Not only is it a great way of networking with leaders in your industrybut it can be utilised to promote your achievements and build up a professional online presence – In a world that’s become dominated by social media. 

So how can you make the most of it? 


1. Your LinkedIn profile IS your CV. 

Nowadays, people are more likely to come across your LinkedIn profile before seeing your CV. First impressions count. My best advice is to make the most out of your landing page, detailing all relevant positions as if it were an abbreviated version of your CV.

Today, LinkedIn has a great tool for actually constructing a CV – and it looks good! If you aren’t already familiar with how to do this, check out this link – LinkedIn Resume Builder.

Simply head to your profile on a desktop > Click the “More” option underneath your headline and you will see the option to build a resume and to save time – a lot of this can be generated from your existing profile.

Make it clear and concise and utilise it to quickly apply for jobs on LinkedIn. Easy.


2. Key Skills. 

When scouring Linkedin for potential candidates, most recruiters use what’s called a Boolean search technique. You’re probably already familiar with what this means but essentially – they are looking for keywords at first view.

Now technically speaking, they will be looking at the languages, the libraries, the frameworks, the methodologies and even the industries that you have worked with/in

My advice, especially for any software developers – is to list the most important tools from the tech stack you worked with in your positions. Recently, LinkedIn has released a new feature that allows users to list their skills used within a particular position.

BUT be careful.
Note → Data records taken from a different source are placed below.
-- ===== src/TreePatch/RoundTrip/Rebuilt.antt =====
-- rust/src/tree_patch_apply.rs: the entries of a patch that `create` returned, rebuilt.
use difz.Prelude.{
  ℕ, zero, suc, ◌-◌, ◌≤◌, ◌≡◌, refl, sym, ap, ◌∙◌, Bool, true, false, not, List, [], ◌∷◌, ◌++◌,
  append-nil, append_assoc, map, some, arith, length, get_elem?, le→ltb_false, ok, reject, All,
  Pairs, Pairs-get, subst, if◌then◌else◌,
}
use difz.Prelude.Bytes.{Bytes}
use difz.Directory.Structure.{Record, find_path, mode_from_bits}
use difz.Directory.Structure.Order.{Below, Ascending}
use difz.Directory.Structure.Search.{find_path-eq-some_iff}
use difz.Directory.Snapshot.{Content, file, Entry, structure, mode_of, bytes_of}
use difz.Directory.Canonical.Relations.{IsLinkOf, HasRelations, get_elem?-map}
use difz.File.Codec.{Native}
use difz.File.Patch
use difz.File.Patch.RoundTrip.{IsHash, IsLossless, apply-encode, encode-header}
use difz.TreePatch.{out_of_memory, default_limits}
use difz.TreePatch.Decoding.{DecodedEntry}
use difz.TreePatch.Encoding.Selection.{index_of}
use difz.TreePatch.Encoding.Layout.{IsWrittenAs}
use difz.TreePatch.Encoding.Choice.{
  HoldsFile, IsChosen, a_directory, a_symlink, a_link, a_copy, a_delta, a_whole, choose-IsChosen,
}
use difz.TreePatch.Applying.Safety.{output_bytes, entries_of-snoc}
use difz.TreePatch.Applying.{
  Rebuilt, account, file_bytes, entries_of, delta, source_bytes, link_to, rebuild, rebuild_all,
}

-- Entries with the same path and content.
abbrev pub SameFile : Entry → Entry → Type 0
SameFile x y = (x.path ≡ y.path) × (x.content ≡ y.content)

pub same_files :
    (xs ys : List Entry)
    → map (λ e. e.path) xs ≡ map (λ e. e.path) ys
    → map (λ e. e.content) xs ≡ map (λ e. e.content) ys
    → Pairs SameFile xs ys
same_files [] [] p c = tt
same_files [] (y ∷ ys) p c = absurd (cc p)
same_files (x ∷ xs) [] p c = absurd (cc p)
same_files (x ∷ xs) (y ∷ ys) p c =
    let paths : map (λ e. e.path) xs ≡ map (λ e. e.path) ys = cc p in
    let contents : map (λ e. e.content) xs ≡ map (λ e. e.content) ys = cc c in
    ((cc p, cc c), same_files xs ys paths contents)

structures : (xs ys : List Entry) → Pairs SameFile xs ys → map structure xs ≡ map structure ys
unfolding structure
structures [] [] h = refl
structures [] (y ∷ ys) h = absurd h
structures (x ∷ xs) [] h = absurd h
structures (x ∷ xs) (y ∷ ys) h =
    rw (h.0.0, h.0.1) (ap (λ t. structure y ∷ t) (structures xs ys h.1))

rebuilt_at :
    (built : List Rebuilt) (i : ℕ) (e : Entry)
    → get_elem? (entries_of built) i ≡ some e
    → (r : Rebuilt) × (get_elem? built i ≡ some r) × (r.entry ≡ e)
rebuilt_at [] i e h = cc h
rebuilt_at (r ∷ built) zero e h = (r, refl, cc h)
rebuilt_at (r ∷ built) (suc i) e h = rebuilt_at built i e h

Below-front :
    (a : Record) (xs ys : List Entry)
    → All (Below a) (map structure (xs ++ ys))
    → All (Below a) (map structure xs)
Below-front a [] ys h = tt
Below-front a (x ∷ xs) ys h = (h.0, Below-front a xs ys h.1)

Ascending-front :
    (xs ys : List Entry) → Ascending (map structure (xs ++ ys)) → Ascending (map structure xs)
Ascending-front [] ys h = tt
Ascending-front (x ∷ xs) ys h = (Below-front (structure x) xs ys h.0, Ascending-front xs ys h.1)

mode_passes : (mode : ℕ) → mode ≤ 511 → mode_from_bits mode ≡ ok mode
unfolding mode_from_bits
mode_passes mode h = rw (le→ltb_false 511 mode h) refl

account_passes : (remaining n : ℕ) → n ≤ remaining → account remaining n ≡ ok (remaining - n)
unfolding account
account_passes remaining n h = rw (le→ltb_false remaining n h) refl

pub same_total : (xs ys : List Entry) → Pairs SameFile xs ys → output_bytes xs ≡ output_bytes ys
same_total [] [] h = refl
same_total [] (y ∷ ys) h = absurd h
same_total (x ∷ xs) [] h = absurd h
same_total (x ∷ xs) (y ∷ ys) h = rw (h.0.1, same_total xs ys h.1) refl

module _ (native : Native) (reserve : ℕ → Bool) (blake3 : Bytes → Bytes)
    (ample : (n : ℕ) → reserve n ≡ true) (hash : IsHash blake3) (lossless : IsLossless native)
    (full compared : List Entry) (same : Pairs SameFile compared full) where
  -- The full source holds the files that the compared one does.
  source_bytes_of :
      (path bytes : Bytes)
      → HoldsFile compared path bytes
      → source_bytes native reserve blake3 full path ≡ ok bytes
  unfolding source_bytes file_bytes
  source_bytes_of path bytes (mode, held) =
      let (i, x, hit, at, is) = index_of compared path (file mode bytes) held in
      let (y, at', alike) = Pairs-get SameFile compared full i x same at in
      let hit' : find_path (map structure full) path ≡ some i =
        rw (structures compared full same) at hit in
      let content : y.content ≡ file mode bytes = sym alike.1 ∙ is in rw (hit', at', content) refl

  delta_of :
      (previous bytes payload : Bytes) (remaining : ℕ)
      → Patch.encode native reserve blake3 previous bytes ≡ ok payload
      → length bytes ≤ remaining
      → delta native reserve blake3 previous payload remaining ≡ ok bytes
  unfolding delta Patch.header_for
  delta_of previous bytes payload remaining made fits =
      let (frame, begins) = encode-header native reserve blake3 hash previous bytes payload made in
      rw
        (
          begins,
          le→ltb_false remaining (length bytes) fits,
          apply-encode native reserve blake3 hash lossless ample previous bytes payload made,
        )
        refl

  link_of :
      (built : List Rebuilt) (e : Entry) (mode : ℕ) (bytes path : Bytes)
      → Ascending (map structure (entries_of built))
      → e.content ≡ file mode bytes
      → IsLinkOf (entries_of built) e.content e.metadata.metadata (some path)
      → (owned : Bool) × (link_to native reserve blake3 built path ≡ ok (bytes, owned))
  unfolding link_to file_bytes structure
  link_of built e mode bytes path asc is (i, target, at, named, content, unlinked, _) =
      let (r, here, entry) = rebuilt_at built i target at in
      let hit : find_path (map structure (entries_of built)) path ≡ some i =
        (find_path-eq-some_iff (map structure (entries_of built)) path i asc).1
          (structure target, get_elem?-map (entries_of built) i target at, named) in
      let is_file : target.content ≡ file mode bytes = content ∙ is in
      (r.owned, rw (hit, here, entry, unlinked, is_file) refl)

  copied :
      (owned : Bool) (n : ℕ)
      → (if owned then reject (not (reserve n)) out_of_memory else ok tt) ≡ ok tt
  copied true n = rw (ample n) refl
  copied false n = refl

  -- One entry: its content, and what its bytes leave of the budget.
  module _ (built : List Rebuilt) (e : Entry) (d : DecodedEntry) (remaining : ℕ)
      (asc : Ascending (map structure (entries_of built)))
      (linked : IsLinkOf
        (entries_of built)
        e.content
        e.metadata.metadata
        e.metadata.metadata.hardlink_to)
      (fits : length (bytes_of e.content) ≤ remaining) (path : d.path ≡ e.path) where
    Gives : ℕ → Type 0
    Gives mode =
        (owned : Bool) × (rebuild native reserve blake3 full built remaining d mode
          ≡ ok (e.content, owned, remaining - length (bytes_of e.content)))

    rebuild_chosen :
        IsChosen native reserve blake3 default_limits.max_symlink_bytes compared e d.operation
          d.payload
        → Gives (mode_of e.content)
    unfolding Gives rebuild bytes_of mode_of
    rebuild_chosen (a_directory mode is o p) =
        let whole : remaining - 0 ≡ remaining = omega arith in
        (false, rw (o, rebuild, is, whole) refl)
    rebuild_chosen (a_symlink target is o p short) =
        let small : length target ≤ remaining = rw is at fits in
        (false, rw (o, rebuild, is, p, account_passes remaining (length target) small) refl)
    rebuild_chosen (a_link mode bytes is o to) =
        let small : length bytes ≤ remaining = rw is at fits in
        let (owned, found) =
          link_of built e mode bytes d.payload asc is
            (subst (IsLinkOf (entries_of built) e.content e.metadata.metadata) to linked) in
        (
          owned,
          rw
              (
                o,
                rebuild,
                is,
                found,
                account_passes remaining (length bytes) small,
                copied owned (length bytes),
              )
              refl,
        )
    rebuild_chosen (a_copy mode bytes is o p unlinked held) =
        let small : length bytes ≤ remaining = rw is at fits in
        let old = source_bytes_of e.path bytes held in
        (false, rw (o, rebuild, is, path, old, account_passes remaining (length bytes) small) refl)
    rebuild_chosen (a_delta mode bytes previous is o unlinked held changed made) =
        let small : length bytes ≤ remaining = rw is at fits in
        let old = source_bytes_of e.path previous held in
        (
          true,
          rw
              (
                o,
                rebuild,
                is,
                path,
                old,
                delta_of previous bytes d.payload remaining made small,
                account_passes remaining (length bytes) small,
              )
              refl,
        )
    rebuild_chosen (a_whole mode bytes is o p unlinked absent) =
        let small : length bytes ≤ remaining = rw is at fits in
        (false, rw (o, rebuild, is, p, account_passes remaining (length bytes) small) refl)

  step_of :
      (built : List Rebuilt) (d : DecodedEntry) (ds : List DecodedEntry) (remaining : ℕ) {mode : ℕ}
      {content : Content} {owned : Bool} {left : ℕ}
      → mode_from_bits d.mode ≡ ok mode
      → rebuild native reserve blake3 full built remaining d mode ≡ ok (content, owned, left)
      → rebuild_all native reserve blake3 full built remaining (d ∷ ds)
        ≡ rebuild_all native reserve blake3 full
            (built
              ++ record {
                entry = record { path = d.path; content = content; metadata = d.metadata };
                owned = owned;
              }
                ∷ [])
            left
            ds
  unfolding rebuild_all
  step_of built d ds remaining mode here = rw (rebuild_all, mode, here) refl

  same_entry :
      (e : Entry) (d : DecodedEntry)
      → d.path ≡ e.path
      → d.metadata ≡ e.metadata
      → ◌≡◌ {A = Entry} (record { path = d.path; content = e.content; metadata = d.metadata }) e
  same_entry e d path metadata = rw (path, metadata) refl

  -- The loop gives the entries that were written.
  pub rebuild_all_of :
      (built : List Rebuilt) (es : List Entry) (ds : List DecodedEntry) (remaining : ℕ)
      → Ascending (map structure (entries_of built ++ es))
      → HasRelations (entries_of built) es
      → All (λ e. mode_of e.content ≤ 511) es
      → Pairs (IsWrittenAs native reserve blake3 compared) es ds
      → output_bytes es ≤ remaining
      → (all : List Rebuilt) × (rebuild_all native reserve blake3 full built remaining ds ≡ ok all)
        × (entries_of all ≡ entries_of built ++ es)
  unfolding rebuild_all Gives
  rebuild_all_of built [] [] remaining asc related modes pairs fits =
      (built, refl, sym (append-nil (entries_of built)))
  rebuild_all_of built [] (d ∷ ds) remaining asc related modes pairs fits = absurd pairs
  rebuild_all_of built (e ∷ es) [] remaining asc related modes pairs fits = absurd pairs
  rebuild_all_of built (e ∷ es) (d ∷ ds) remaining asc related modes pairs fits =
      let w = pairs.0 in
      let chosen =
        choose-IsChosen native reserve blake3 _ compared e d.operation d.payload w.chosen in
      let before = Ascending-front (entries_of built) (e ∷ es) asc in
      let (owned, here) =
        rebuild_chosen built e d remaining before related.1 (omega (arith, fits)) w.path chosen in
      let mode : mode_from_bits d.mode ≡ ok (mode_of e.content) =
        rw w.mode (mode_passes (mode_of e.content) modes.0) in
      let r : Rebuilt = record { entry = e; owned = owned } in
      let grown : entries_of (built ++ r ∷ []) ≡ entries_of built ++ e ∷ [] =
        entries_of-snoc built r in
      let next : entries_of (built ++ r ∷ []) ++ es ≡ entries_of built ++ e ∷ es =
        ap (λ t. t ++ es) grown ∙ append_assoc (entries_of built) (e ∷ []) es in
      let (all, later, entries) =
        rebuild_all_of (built ++ r ∷ []) es ds (remaining - length (bytes_of e.content))
          (rw next asc) (rw grown related.2) modes.1 pairs.1 (omega (arith, fits)) in
      (
        all,
        step_of built d ds remaining mode here
            ∙ ap
                (λ x.
                  rebuild_all native reserve blake3 full
                    (built ++ record { entry = x; owned = owned } ∷ [])
                    (remaining - length (bytes_of e.content)) ds)
                (same_entry e d w.path w.metadata)
            ∙ later,
        entries ∙ next,
      )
Don’t be that person who just lists a ton of skills that the company used that you physically cannot have used whilst you were working there. So many developers have a long list of buzzwords that just aren’t comprehensible to someone who is trying to pick out your profile. Jack of all trades eh?


3. Your title. 

Seems a fairly obvious one. Believe me, it doesn’t seem that way when you’re looking for candidates.

The title “Senior Software Engineer” just isn’t enough. I’m sure you’ll still get a ton of recruiter messages, but it’s highly unlikely that they will be relevant to you and your expertise.

Try to be a little more specific. I.E. “Date Engineer”, “Frontend Developer”, “Site Reliability Engineer”, “Mobile Developer”. You get the point.

*Bonus points – if it sounds right, include the language/framework that your role was centered around in your job title(s), it works! (I.E. “Senior React Developer”, “Junior Java Engineer”, “React Native Engineer” etc.)

The same goes for your headline.


4. Your banner. 

I’d probably say that this would be more important to contractors/consultants, who are selling their expertise as a service to businesses.

Take a look at the “Who viewed my profile section”.

That’s quite a lot of people in 1 week, right? Now, how many of those people do you feel there might be an opportunity to work/collaborate with?

You remember the saying – first impressions count?

It’s the same here – make sure you are leveraging your visual appeal to prospects. Your banner is a great way to do this.

Key points would be to:

  • Clearly outline your title/desired title
  • Include a sentence describing what you do
  • Have an eye-catching picture graphic
  • Include your contact info (Email address)

Most people will use a tool like Canva, as it’s simple and easy to use, and already has pre-set banners that you can work with.


5. Recommendations. 

When people buy people, people are buying off of trust.

Not an easy thing to build in a short amount of time.

But on immediate impressions – to win over anyone, it’s all about raising the level of certainty in the product that they could buy.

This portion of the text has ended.